Market Crash? Why Your SIP Is Safer Than You
Stock markets have taken a sharp dip lately, worrying many investors. But if you look at returns over 5 years, adjust for currency moves, and compare India with global markets, the picture is much less scary. For regular SIP investors, short-term pain often sets the stage for stronger long-term gains. Here's what the numbers really mean for your money.
A SIP investor who stayed invested through the 2020 COVID crash — when the Sensex fell nearly 38% in weeks — would have more than doubled their money by 2024. That's the power of not pressing pause on your ₹5,000 monthly SIP.
Despite short-term volatility, most diversified equity SIPs held for 5+ years have delivered double-digit returns — meaning your long-term wealth is likely intact even if your current portfolio looks red.
Key Takeaways
Don't stop your SIP: Pausing or redeeming during a correction locks in losses. Continuing your SIP means you buy more units at lower prices — this is called rupee cost averaging and it works in your favour over time.

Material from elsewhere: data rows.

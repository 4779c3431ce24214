-- ===== src/Rpc/Headers.antt =====
-- internal/smoke/probe.go: what the requests of a session over HTTP carry, and what answers a call.
use mcp_library.Common.{
  ℕ, suc, ◌≤◌, ◌≡◌, ◌≢◌, refl, inl, inr, List, [], ◌∷◌, Option, none, some, All, ◌==◌,
  if◌then◌else◌,
}
use mcp_library.Common.Decimal.{itoa}
use mcp_library.Common.Int.{pos}
use mcp_library.Common.Result.{Result, ok, err}
use mcp_library.Common.Tests.{Bool-cases, ==_iff}
use mcp_library.Common.Text.{Text, text_eq}
use mcp_library.Rpc.{Incoming, CallError, outcome}
use mcp_library.Rpc.Frames.{ReadError, read_response, read_response-answers}
use mcp_library.Rpc.Mail.{Echoes}
use mcp_library.Rpc.Socket.{
  Response, Post, Log, Socket, SocketError, header, post_of, answer_of, not_read, Exchanged,
  read_reply, result_of, version_in, call, notify,
}

-- The last session that the package minted.
abbrev minted : Log → Text
minted [] = []
minted ((sent, none) ∷ log) = minted log
minted ((sent, some r) ∷ log) =
    let before = minted log in if text_eq r.session_id [] then before else r.session_id

abbrev IdsUpTo : ℕ → Log → Type 0
IdsUpTo n = All (λ x. (k : ℕ) → x.0.id ≡ some k → k ≤ n)

pub data Step : Type 0 where
  calls notifies : Text → Step

module _ (decode : Text → Option Incoming) (decode_version : Text → Option Text) where
  abbrev named : Text → Option ℕ → Option Response → Option Text
  named method none response = none
  named method (some n) response = version_in decode_version method (read_reply decode n response)

  abbrev pub text_or : Option Text → Text → Text
  text_or none before = before
  text_or (some t) before = t

  -- The revision that the last answered initialize of the log named.
  abbrev pub negotiated : Log → Text
  negotiated [] = []
  negotiated ((sent, response) ∷ log) =
      text_or (named sent.method sent.id response) (negotiated log)

  -- Every request carries the session and the revision of the log before it, and a call's a number
  -- that none before it has.
  abbrev pub Carries : Log → Type 0
  Carries [] = Unit
  Carries ((sent, response) ∷ log) =
      (sent.session_header ≡ header (minted log))
      × (sent.protocol_header ≡ header (negotiated log))
      × ((k : ℕ) → sent.id ≡ some k → All (λ x. x.0.id ≢ some k) log)
      × Carries log

  record Held (s : Socket) (log : Log) : Type 0 where
    pub session_held : s.session ≡ minted log
    pub protocol_held : s.protocol ≡ negotiated log
    pub numbered : IdsUpTo s.next log
    pub carried : Carries log

  module _ (server : Log → Post → Option Response) where
    -- The state and the log behind some steps.
    abbrev pub step : Step → Socket → Log → Exchanged
    step (calls method) s log = call decode decode_version server method s log
    step (notifies method) s log = notify server method s log

    unfoldable pub exchanges : List Step → Socket → Log → Log
    unfolding call notify
    exchanges [] s log = log
    exchanges (x ∷ steps) s log = exchanges steps ((step x s log).state) ((step x s log).log)

result_read :
    (x : Result SocketError Incoming) (text : Text)
    → result_of x ≡ ok text
    → (m : Incoming) × (x ≡ ok m) × (outcome m ≡ ok text)
result_read (err why) text h = absurd (cc h)
result_read (ok m) text h = (m, refl, by_outcome (outcome m) h)
  where
    by_outcome : (o : Result CallError Text) → answer_of o ≡ ok text → o ≡ ok text
    by_outcome (err why) h = absurd (cc h)
    by_outcome (ok t) h = cc h

module _ (decode : Text → Option Incoming) where
  -- The message is read from a response with status 200.
  abbrev pub ReadFrom : ℕ → Option Response → Incoming → Type 0
  ReadFrom id response m =
      (r : Response) × (response ≡ some r)
      × (r.status ≡ 200)
      × (read_response decode (itoa (pos id)) r.content_type r.body r.lines ≡ ok m)

  read_reply-ReadFrom :
      (id : ℕ) (response : Option Response) (m : Incoming)
      → read_reply decode id response ≡ ok m
      → ReadFrom id response m
  unfolding read_reply
  read_reply-ReadFrom id none m h = absurd (cc h)
  read_reply-ReadFrom id (some r) m h = elim (Bool-cases (r.status == 200)) [
    | inr other ↦ absurd (cc (rw other at h))
    | inl fine ↦ (
      r,
      refl,
      (==_iff r.status 200).0 fine,
      by_read (read_response decode (itoa (pos id)) r.content_type r.body r.lines) (rw fine at h),
    )
  ]
    where
      by_read :
          (x : Result ReadError Incoming)
          → ◌≡◌ {A = Result SocketError Incoming}
              (elim x [ err why ↦ err (not_read why) | ok m ↦ ok m ])
              (ok m)
          → x ≡ ok m
      by_read (err why) h = absurd (cc h)
      by_read (ok n) h = cc h

  module _ (decode_version : Text → Option Text) (server : Log → Post → Option Response) where
    -- For any package and any decoding of messages, where a call of a session over HTTP returns a
    -- result, the response to its request has status 200, what readResponse reads in that response,
    -- a body of JSON or of events, is a response that echoes the call's own number, and the result
    -- is that message's outcome.
    pub call-answers :
        (method : Text) (s : Socket) (log : Log) (text : Text)
        → (call decode decode_version server method s log).result ≡ ok text
        → (m : Incoming) × ReadFrom
            (suc s.next)
            (server log (post_of (some (suc s.next)) method s))
            m
          × Echoes (suc s.next) m
          × (outcome m ≡ ok text)
    unfolding call
    call-answers method s log text h =
        let response = server log (post_of (some (suc s.next)) method s) in
        let (m, read, told) = result_read (read_reply decode (suc s.next) response) text h in
        let from = read_reply-ReadFrom (suc s.next) response m read in
        (
          m,
          from,
          read_response-answers decode (itoa (pos (suc s.next))) (from.0).content_type (from.0).body
              (from.0).lines m from.3,
          told,
        )
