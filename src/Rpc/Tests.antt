-- ===== src/Rpc/Tests.antt =====
-- A session with a call and its answer, frames and bodies, and the theorems at them.
use mcp_library.Common.{
  ℕ, ◌≡◌, refl, true, false, List, [], ◌∷◌, Option, some, none, Any, inl, if◌then◌else◌,
}
use mcp_library.Common.Decimal.{itoa}
use mcp_library.Common.Int.{negsuc}
use mcp_library.Common.Result.{Result, ok, err}
use mcp_library.Common.Text.{Text, codes, text_eq, trim_space, is_space}
use mcp_library.Rpc.{
  Incoming, id_key, CallError, session_closed, outcome, Stdio, new_session, begin, handle,
  refusal_of, shut, wake, may_wake, mail_of, Reach, dialed, called, received,
}
use mcp_library.Rpc.Answers.{wake-Echoes, waiting-woken}
use mcp_library.Rpc.Mail.{Echoes}
use mcp_library.Rpc.Frames.{
  newline, buffer_full, stopped, read_frame, frame_text, Cut, read_frame_lem, EventLine,
  read_response,
}
use mcp_library.Rpc.Headers.{calls, notifies, Step, ReadFrom, exchanges, call-answers}
use mcp_library.Rpc.Socket.{Response, Post, Log, new_socket, post_of, call, notify, close}

runs : Unit {0}
unfolding text_eq trim_space is_space itoa id_key begin handle shut wake read_frame read_response
    call notify exchanges close refusal_of
runs = tt

abbrev message : Text → Text → Text → Incoming
message id method result = record { id = id; method = method; result = result; error = none }

abbrev reply : Incoming
reply = message (codes "1 ") [] (codes "tools")

abbrev called_once : Stdio
called_once = begin new_session

abbrev answered : Stdio
answered = handle reply called_once

called_reach : Reach called_once
called_reach = called dialed

answered_reach : Reach answered
answered_reach = received called_reach reply

test_request_skipped :
    handle (message (codes "1") (codes "roots/list") []) called_once ≡ called_once
unfolding runs
test_request_skipped = refl

test_late_response : (wake 1 (shut answered)).0 ≡ ok (codes "tools")
unfolding runs
test_late_response = refl

test_closed : (wake 1 (shut called_once)).0 ≡ err session_closed
unfolding runs
test_closed = refl

woke : (wake 1 answered).0 ≡ ok (codes "tools")
unfolding runs
woke = refl

wake-Echoes_example :
    (m : Incoming) × (mail_of 1 answered.mail ≡ m ∷ [])
    × Echoes 1 m
    × (◌≡◌ {A = Result CallError Text} (ok (codes "tools")) (outcome m))
wake-Echoes_example = wake-Echoes answered_reach 1 (ok (codes "tools")) woke (λ h. cc h)

waiting_one : Any (λ k. k ≡ 1) called_once.waiting
unfolding runs
waiting_one = inl refl

asleep : may_wake 1 called_once ≡ false
unfolding runs
asleep = refl

echo_one : Echoes 1 reply
unfolding runs
echo_one = (refl, refl)

waiting-woken_example : may_wake 1 (handle reply called_once) ≡ true
waiting-woken_example = waiting-woken called_reach 1 waiting_one asleep reply echo_one

test_too_long :
    read_frame 4 [] false ((codes "abc", buffer_full) ∷ (codes "de", newline) ∷ [])
    ≡ record { line = []; too_long = true; ended = false; rest = [] }
unfolding runs
test_too_long = refl

read_frame_lem_example :
    Cut 4
      (frame_text ((codes "abc", buffer_full) ∷ (codes "d", stopped) ∷ []))
      (read_frame 4 [] false ((codes "abc", buffer_full) ∷ (codes "d", stopped) ∷ []))
read_frame_lem_example = read_frame_lem 4 ((codes "abc", buffer_full) ∷ (codes "d", stopped) ∷ [])

-- A decoding that knows a notification and one answer.
abbrev decode : Text → Option Incoming
decode body = if text_eq body (codes "{}") then some reply else some (message [] (codes "log") [])

abbrev line : Text → EventLine
line text = record { text = text; too_long = false; last = false }

abbrev stream : List EventLine
stream =
    line (codes "data: log")
    ∷ line []
    ∷ line (codes "event: message")
    ∷ line (codes "data: {}")
    ∷ line []
    ∷ []

read_stream : read_response decode (codes "1") (codes "text/event-stream") [] stream ≡ ok reply
unfolding runs
read_stream = refl

-- A package that mints a session, names a revision and takes notifications.
abbrev hello : Incoming
hello = message (codes "1") [] (codes "2025-06-18")

abbrev decode_hello : Text → Option Incoming
decode_hello body = if text_eq body (codes "hello") then some hello else none

abbrev decode_version : Text → Option Text
decode_version result = some result

abbrev greeting : Response
greeting = record {
  status = 200;
  session_id = codes "s1";
  content_type = codes "application/json";
  body = codes "hello";
  lines = [];
}

abbrev empty : Response
empty = record { status = 202; session_id = []; content_type = []; body = []; lines = [] }

abbrev server : Log → Post → Option Response
server log sent = if text_eq sent.method (codes "initialize") then some greeting else some empty

abbrev opening : List Step
opening =
    calls (codes "initialize")
    ∷ notifies (codes "notifications/initialized")
    ∷ calls (codes "tools/list")
    ∷ []

abbrev sent_later : Option ℕ → Text → Post
sent_later id method = record {
  id = id;
  method = method;
  session_header = some (codes "s1");
  protocol_header = some (codes "2025-06-18");
}

test_headers :
    exchanges decode_hello decode_version server opening new_socket []
    ≡ (sent_later (some 2) (codes "tools/list"), some empty)
      ∷ (sent_later none (codes "notifications/initialized"), some empty)
      ∷ (post_of (some 1) (codes "initialize") new_socket, some greeting)
      ∷ []
unfolding runs
test_headers = refl

greeted :
    (call decode_hello decode_version server (codes "initialize") new_socket []).result
    ≡ ok (codes "2025-06-18")
unfolding runs
greeted = refl

call-answers_example :
    (m : Incoming) × ReadFrom decode_hello 1
      (server [] (post_of (some 1) (codes "initialize") new_socket))
      m
    × Echoes 1 m
    × (outcome m ≡ ok (codes "2025-06-18"))
call-answers_example =
    call-answers decode_hello decode_version server (codes "initialize") new_socket []
      (codes "2025-06-18") greeted

test_refused :
    refusal_of (message (codes "7") (codes "roots/list") [])
    ≡ some (codes "7", negsuc 32600, codes "roots/list")
unfolding runs
test_refused = refl

test_close : close (record new_socket { session = codes "s1" }) ≡ some (codes "s1")
unfolding runs
test_close = refl
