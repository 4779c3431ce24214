-- ===== src/Smoke.antt =====
-- internal/smoke/smoke.go: a test deployment of a package, and its verdict.
pub mod Egress
pub mod Declared
pub mod Listing
pub mod Pages
pub mod Probe
pub mod Ending
pub mod Run
pub mod Surface
pub mod Verdict
pub mod Contacts
pub mod Tests
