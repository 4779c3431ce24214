-- ===== src/Smoke/Declared.antt =====
-- internal/smoke: the proxy admits what the manifest declares, and nothing else.
use mcp_library.Common.{
  ℕ, zero, suc, ◌≤◌, ◌≡◌, ◌≢◌, refl, sym, ap, subst, ◌∙◌, ◌↔◌, ◌⊎◌, inl, inr, true, false, List, [],
  ◌∷◌, ◌++◌, Option, none, some, All, Any, arith, if◌then◌else◌, ◌==◌,
}
use mcp_library.Common.Decimal.{itoa, atoi, atoi-itoa, All-itoa}
use mcp_library.Common.HostPort.{
  IsPlain, has_char, join_host_port, split_host_port, split-join_host_port, split-plain,
}
use mcp_library.Common.Int.{ℤ, pos}
use mcp_library.Common.Regex.{find_submatch, submatch, Captures}
use mcp_library.Common.Keyed.{ok-injective}
use mcp_library.Common.Result.{ok, returned_behind}
use mcp_library.Common.Tests.{Bool-cases}
use mcp_library.Common.Text.{Text, codes, text_eq, text_eq→eq, contains}
use mcp_library.Proxy.{
  any_port, count_char, whole_entry, entry_port, parse_allow_entry, normalize_host, new_proxy,
  is_allowed,
}
use mcp_library.Proxy.Admission.{Admits, is_allowed_iff}
use mcp_library.Smoke.Egress.{
  Param, EgressRule, Admitted, host_template_re, smoke_domain, with_port, templated, is_param,
  egress_host, egress_hosts,
}

lacks-any : (c : ℕ) (s : Text) → All (λ d. (d == c) ≡ false) s → has_char c s ≡ false
lacks-any c [] h = refl
lacks-any c (d ∷ s) h = rw (h.0, lacks-any c s h.1) refl

itoa-IsPlain : (n : ℕ) → IsPlain (itoa (pos n))
itoa-IsPlain n = (
  lacks-any b':' _ (All-itoa (λ d. (d == b':') ≡ false) (λ d h. ground arith) n),
  rw
      (
        lacks-any b'[' _ (All-itoa (λ d. (d == b'[') ≡ false) (λ d h. ground arith) n),
        lacks-any b']' _ (All-itoa (λ d. (d == b']') ≡ false) (λ d h. ground arith) n),
      )
      refl,
)

count-absent : (c : ℕ) (s : Text) → has_char c s ≡ false → count_char c s ≡ 0
count-absent c [] h = refl
count-absent c (d ∷ s) h = ground (arith, count-absent c s)

filled-text : (s : Text) → s ≢ [] → text_eq s [] ≡ false
filled-text s h = elim (Bool-cases (text_eq s [])) [
  | inl e ↦ absurd (h (text_eq→eq s [] e))
  | inr e ↦ e
]

parse-split :
    (entry host port : Text)
    → split_host_port entry ≡ some (host, port)
    → parse_allow_entry entry ≡ entry_port host (atoi port)
unfolding parse_allow_entry
parse-split entry host port h = rw (h, parse_allow_entry) refl

parse-whole :
    (entry : Text) → split_host_port entry ≡ none → parse_allow_entry entry ≡ whole_entry entry
unfolding parse_allow_entry
parse-whole entry h = rw (h, parse_allow_entry) refl

whole_entry-IsPlain :
    (host : Text) → host ≢ [] → IsPlain host → whole_entry host ≡ ok (host, any_port)
whole_entry-IsPlain host h p = rw (count-absent b':' host p.0, p.0, filled-text host h) refl

entry_port-fits :
    (host : Text) (n : ℕ)
    → host ≢ []
    → suc n ≤ 65535
    → entry_port host (some (pos (suc n))) ≡ ok (host, pos (suc n))
entry_port-fits host n h fits = rw (filled-text host h) (ground arith)

-- An entry written from a plain host and a port is read back as they are.
parse-with_port :
    (host : Text) (n : ℕ)
    → host ≢ []
    → IsPlain host
    → n ≤ 65535
    → parse_allow_entry (with_port host (pos n)) ≡ ok (host, pos n)
unfolding with_port
parse-with_port host zero h p fits =
    parse-whole host (split-plain host p) ∙ whole_entry-IsPlain host h p
parse-with_port host (suc n) h p fits =
    let port = itoa (pos (suc n)) in
    parse-split (join_host_port host port) host port
      (split-join_host_port host port h p (itoa-IsPlain (suc n)))
    ∙ ap (entry_port host) (atoi-itoa (suc n) (omega (arith, fits)))
    ∙ entry_port-fits host n h fits

-- The host that a rule names in a smoke run.
abbrev named_by : Option Captures → Text
named_by none = []
named_by (some m) = submatch 1 m ++ smoke_domain

abbrev smoked_host : Text → Text
smoked_host host =
    if contains (codes "${") host then named_by (find_submatch host_template_re host) else host

-- The rule grants the host, up to case and a trailing dot, on any port or on this one.
abbrev pub Declares : Text → ℤ → EgressRule → Type 0
Declares host port e =
    (normalize_host (smoked_host e.host) ≡ normalize_host host)
    × ((e.port ≡ any_port) ⊎ (e.port ≡ port))

-- The rule names a host with neither a colon nor a bracket, and no port or one that exists.
abbrev pub NamesHost : EgressRule → Type 0
NamesHost e =
    (smoked_host e.host ≢ [])
    × IsPlain (smoked_host e.host)
    × (n : ℕ) × (e.port ≡ pos n)
    × (n ≤ 65535)

templated-entry :
    (params : List Param) (e : EgressRule) (m : Option Captures) (a : Admitted)
    → templated params e m ≡ ok a
    → a.0 ≡ with_port (named_by m) e.port
templated-entry params e none a h = absurd (cc h)
templated-entry params e (some m) a h = elim (Bool-cases (is_param params (submatch 1 m))) [
  | inl known ↦ sym (ap (λ x. x.0) (ok-injective _ a (rw known at h)))
  | inr unknown ↦ absurd (cc (rw unknown at h))
]

egress_host-entry :
    (params : List Param) (e : EgressRule) (a : Admitted)
    → egress_host params e ≡ ok a
    → a.0 ≡ with_port (smoked_host e.host) e.port
unfolding egress_host
egress_host-entry params e a h = elim (Bool-cases (text_eq e.cidr [])) [
  | inr cidr ↦ absurd (cc (rw (cidr, egress_host) at h))
  | inl named ↦ elim (Bool-cases (contains (codes "${") e.host)) [
    | inr plain ↦
        rw plain (sym (ap (λ x. x.0) (ok-injective _ a (rw (named, plain, egress_host) at h))))
    | inl template ↦ rw template (
        templated-entry params e (find_submatch host_template_re e.host) a
          (rw (named, template, egress_host) at h))
  ]
]

Admits-rule :
    (e : EgressRule) (entry host : Text) (port : ℤ)
    → NamesHost e
    → entry ≡ with_port (smoked_host e.host) e.port
    → Admits host port entry ↔ Declares host port e
Admits-rule e entry host port (filled, plain, n, known, fits) written =
    let read : parse_allow_entry entry ≡ ok (smoked_host e.host, e.port) =
      rw (written, known) (parse-with_port (smoked_host e.host) n filled plain fits) in
    (
      λ a.
          let same = ok-injective (smoked_host e.host, e.port) (a.0, a.1) (sym read ∙ a.2) in
          (
            ap (λ x. normalize_host x.0) same ∙ a.3,
            subst (λ p. (p ≡ any_port) ⊎ (p ≡ port)) (ap (λ x. x.1) (sym same)) a.4,
          ),
      λ d. (smoked_host e.host, e.port, read, d.0, d.1),
    )

pub declared_entries :
    (params : List Param) (egress : List EgressRule) (r : List Text × List (Text × Text))
    (host : Text) (port : ℤ)
    → egress_hosts params egress ≡ ok r
    → All NamesHost egress
    → Any (Admits host port) r.0 ↔ Any (Declares host port) egress
unfolding egress_hosts
declared_entries params [] r host port h named = rw (sym (ok-injective _ r h)) (λ a. a, λ a. a)
declared_entries params (e ∷ egress) r host port h named =
    let (a, first, h1) = returned_behind (egress_host params e) _ h in
    let (rest, later, h2) = returned_behind (egress_hosts params egress) _ h1 in
    let one = Admits-rule e a.0 host port named.0 (egress_host-entry params e a first) in
    let more = declared_entries params egress rest host port later named.1 in
    rw (sym (ok-injective _ r h2)) (
      λ x. elim x [ inl y ↦ inl (one.0 y) | inr y ↦ inr (more.0 y) ],
      λ x. elim x [ inl y ↦ inl (one.1 y) | inr y ↦ inr (more.1 y) ],
    )

-- Where egressHosts makes an allow-list of the package's egress rules, and every rule names a non-
-- empty host with neither a colon nor a bracket and no port or one up to 65535, the proxy of that
-- list allows a host and port exactly when some rule declares the host, up to case and a trailing
-- dot, with no port or with that one.
pub declared_egress :
    (params : List Param) (egress : List EgressRule) (r : List Text × List (Text × Text))
    → egress_hosts params egress ≡ ok r
    → All NamesHost egress
    → (host : Text) (port : ℤ)
    → (is_allowed (new_proxy r.0) host port ≡ true) ↔ Any (Declares host port) egress
declared_egress params egress r h named host port =
    let admitted = is_allowed_iff r.0 host port in
    let declared = declared_entries params egress r host port h named in
    (λ x. declared.0 (admitted.0 x), λ x. admitted.1 (declared.1 x))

Review your asset allocation, not your returns: If a market dip is making you anxious, it's a sign your equity exposure may be too high for your risk appetite. Shift some future investments to balanced advantage or hybrid funds rather than exiting entirely.
Use this correction to top up, not bail out: If you have surplus savings sitting in a low-interest account, a market correction is historically one of the better entry points for a lump sum investment into a diversified index fund or large-cap mutual fund.
Market corrections feel terrible in the moment. You open your mutual fund app, see a sea of red, and the urge to hit 'redeem' is very real. But before you do anything, it helps to zoom out and look at what the actual numbers say over a longer horizon.
India's equity markets have historically delivered strong 5-year rolling returns even when individual years looked brutal. The Sensex has crossed multiple 30–40% single-year corrections since 2000 — dot-com bust, the 2008 global financial crisis, demonetisation, COVID — and yet a patient SIP investor has come out ahead each time. The current correction, however sharp it feels, fits a pattern that long-term data has seen before.
There's also a currency angle that most retail investors miss. When global investors sell Indian stocks, the rupee often weakens. But for an Indian investor holding rupee-denominated mutual funds, the currency effect is actually neutral — you're not exposed to dollar swings the way a foreign investor is. This makes Indian equities relatively less risky for you than the headlines suggest.
If you're unsure whether your current loan commitments are eating too much into your investable surplus, platforms like GoCredit can help you compare and refinance loans at better rates — freeing up more money to invest during market dips.
Pro tip: Set a simple rule — never check your portfolio more than once a month during a volatile market. Studies show that investors who check daily are far more likely to make panic-driven decisions that hurt long-term returns. Automate your SIP, ignore the noise, and let compounding do the heavy lifting.